Firstly, the real illustrated guide to linear algebra is the youtube series "The Essence of linear algebra" by 3blue1brown[1]. It has fantastic visualisations for building intuition and in general is wildly superior to this, which seems fine but extremely superficial.
If you're done with 3b1b and want to take things further, then the go-to is the excellent 18.06SC course by the late and legendary Gilbert Strang. It's amazing, it's free. [2]
Still want more? OK now you're talking my language. If you are serious about linear algebra (Up to graduate level, after that you need something else) then you want the book "Linear Algebra Done Right" by Sheldon Axler. It's available for free from the author's website[3] and he has made a bunch of videos to supplement the book. There's also an RTD Math full lecture series[4] that follows the book and he explains each thing in a lot of detail (because Axler goes fast, so it's beneficial to unpack the concepts a bit sometimes).
[1] https://www.youtube.com/watch?v=fNk_zzaMoSs&list=PLZHQObOWTQ...
[2] https://ocw.mit.edu/courses/18-06sc-linear-algebra-fall-2011...
[3] https://linear.axler.net/ and https://www.youtube.com/watch?v=lkx2BJcnyxk&list=PLGAnmvB9m7...
[4] https://www.youtube.com/watch?v=7eggsIan2Y4&list=PLd-yyEHYtI...
I also recommend Robert Beezer's "A First Course in Linear Algebra". Great for self-studying.
Thanks for these resources
Every time this subject comes up, or really any math subject comes up, someone recommends 3Blue1Brown. I love 3Blue1Brown. Just like when The Shawshank Redemption plays on TBS for the 389248th time, I will stop what I'm doing and rewatch any 3Blue1Brown video as soon as it appears in my feed.
But I'm not sure I've ever really learned anything from one of those videos. Appreciated something more? Absolutely. And maybe, sure, that's a kind of learning.
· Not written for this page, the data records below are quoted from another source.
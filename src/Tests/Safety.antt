-- ===== src/Tests/Safety.antt =====
-- The theorems on blocks, reports and the automatic confirmations at the small market.
use gamja_market.Base.{ℕ, ◌≡◌, refl, true, none, [], ◌∷◌, List, is_some, if◌then◌else◌}
use gamja_market.Base.Text.{text}
use gamja_market.Schema.{UserRole, UserStatus, ReportTargetType, TradeStatus, User, Db, find_first}
use gamja_market.Schema.Action.{ok}
use gamja_market.Safety.{
  SafetyRelationshipChange, blocked, unblocked, is_blocked, is_block, block, unblock, upsert_block,
  ReportInput, new_report,
}
use gamja_market.Safety.Blocks.{block-is_blocked, unblock-is_blocked}
use gamja_market.Trades.Reads.{process_due_auto_confirmations}
use gamja_market.Worker.TradeMaintenance.{confirm_due_trades, is_due}
use gamja_market.Worker.Drained.{confirm_due_trades-drained}
use gamja_market.Worker.Repeated.{process_due_auto_confirmations-confirm_due_trades}
use gamja_market.Tests.Data.{reserved_market, paid_market}

abbrev pub a_user : ℕ → User
a_user id = record {
  id = id;
  email = none;
  phone = none;
  password_hash = [];
  role = UserRole.user;
  status = UserStatus.active;
  is_adult = true;
  contact_verified_at = none;
  withdrawn_at = none;
  retention_until = none;
  neighborhood_id = none;
}

-- A market with two users.
abbrev two_users : Db
two_users = record reserved_market { users = a_user 1 ∷ a_user 2 ∷ [] }

abbrev one_block : Db
one_block = record two_users {
  blocks = record { blocker_id = 1; blocked_id = 2; created_at = 6 } ∷ [];
}

abbrev block_answer : ℕ × List SafetyRelationshipChange
block_answer = (2, blocked 1 2 ∷ [])

user_blocked : block 6 1 2 two_users ≡ (ok (2, blocked 1 2 ∷ []), one_block)
unfolding block upsert_block find_first
user_blocked = refl

block-is_blocked_example :
    (is_blocked 1 2 one_block ≡ true)
    × (is_blocked 2 1 one_block ≡ true)
    × (block_answer ≡ (2, blocked 1 2 ∷ []))
    × (block 8 1 2 one_block ≡ (ok block_answer, one_block))
block-is_blocked_example = block-is_blocked 6 8 1 2 two_users one_block block_answer user_blocked

unblock-is_blocked_example :
    let r = unblock 1 2 one_block in
    (r.0
      ≡ ok (
        2,
        if is_some (find_first (is_block 1 2) one_block.blocks) then unblocked 1 2 ∷ [] else [],
      ))
    × (find_first (is_block 1 2) r.1.blocks ≡ none)
    × (is_blocked 1 2 r.1 ≡ is_some (find_first (is_block 2 1) one_block.blocks))
unblock-is_blocked_example = unblock-is_blocked 1 2 one_block refl

abbrev a_report : ReportInput
a_report = record {
  target_type = ReportTargetType.user;
  target_id = 2;
  reason = text "spam";
  detail = none;
}

abbrev one_report : Db
one_report = record two_users { reports = new_report 6 30 1 a_report ∷ [] }

confirm_due_trades-drained_example :
    (n : ℕ) × ((confirm_due_trades 100 (paid_market TradeStatus.delivered)).0 ≡ ok n)
    × (find_first (is_due 100) (confirm_due_trades 100 (paid_market TradeStatus.delivered)).1.trades
        ≡ none)
unfolding find_first
confirm_due_trades-drained_example =
    confirm_due_trades-drained 100 (paid_market TradeStatus.delivered) (refl, tt)

process_due_auto_confirmations-confirm_due_trades_example :
    process_due_auto_confirmations 100 (paid_market TradeStatus.delivered)
    ≡ confirm_due_trades 100 (paid_market TradeStatus.delivered)
process_due_auto_confirmations-confirm_due_trades_example =
    process_due_auto_confirmations-confirm_due_trades 100 (paid_market TradeStatus.delivered)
But I cringe every time eigenvalues come up and people point to the 3B1B evector video.
In fact, if your goal is to actually get any kind of facility with the concept, this "weaksauce" blog post probably has a better didactic strategy than 3B1B. It strips the concept down, provides specific, minimized worked examples, and provides a useful framing for the concept (something basically at the core of 3B1B's process).
I learned linear algebra from Strang's 18.06. I later did a bunch of Axler helping my daughter through UIUC linear algebra. I like both. Strang is much closer to what the median HN person probably wants. In both cases though: don't do what I did at first, and just watch the videos and read the book. If you're not doing problems, you're probably not learning anything.
This blog post comes closer to "actually doing problems" than 3B1B. Ergo: its sauce is stronger, not weaker.
I came to the blog post expecting to roll my eyes. No discussion of inner product spaces? Not even a mention of conjugate symmetry? I was pleasantly surprised.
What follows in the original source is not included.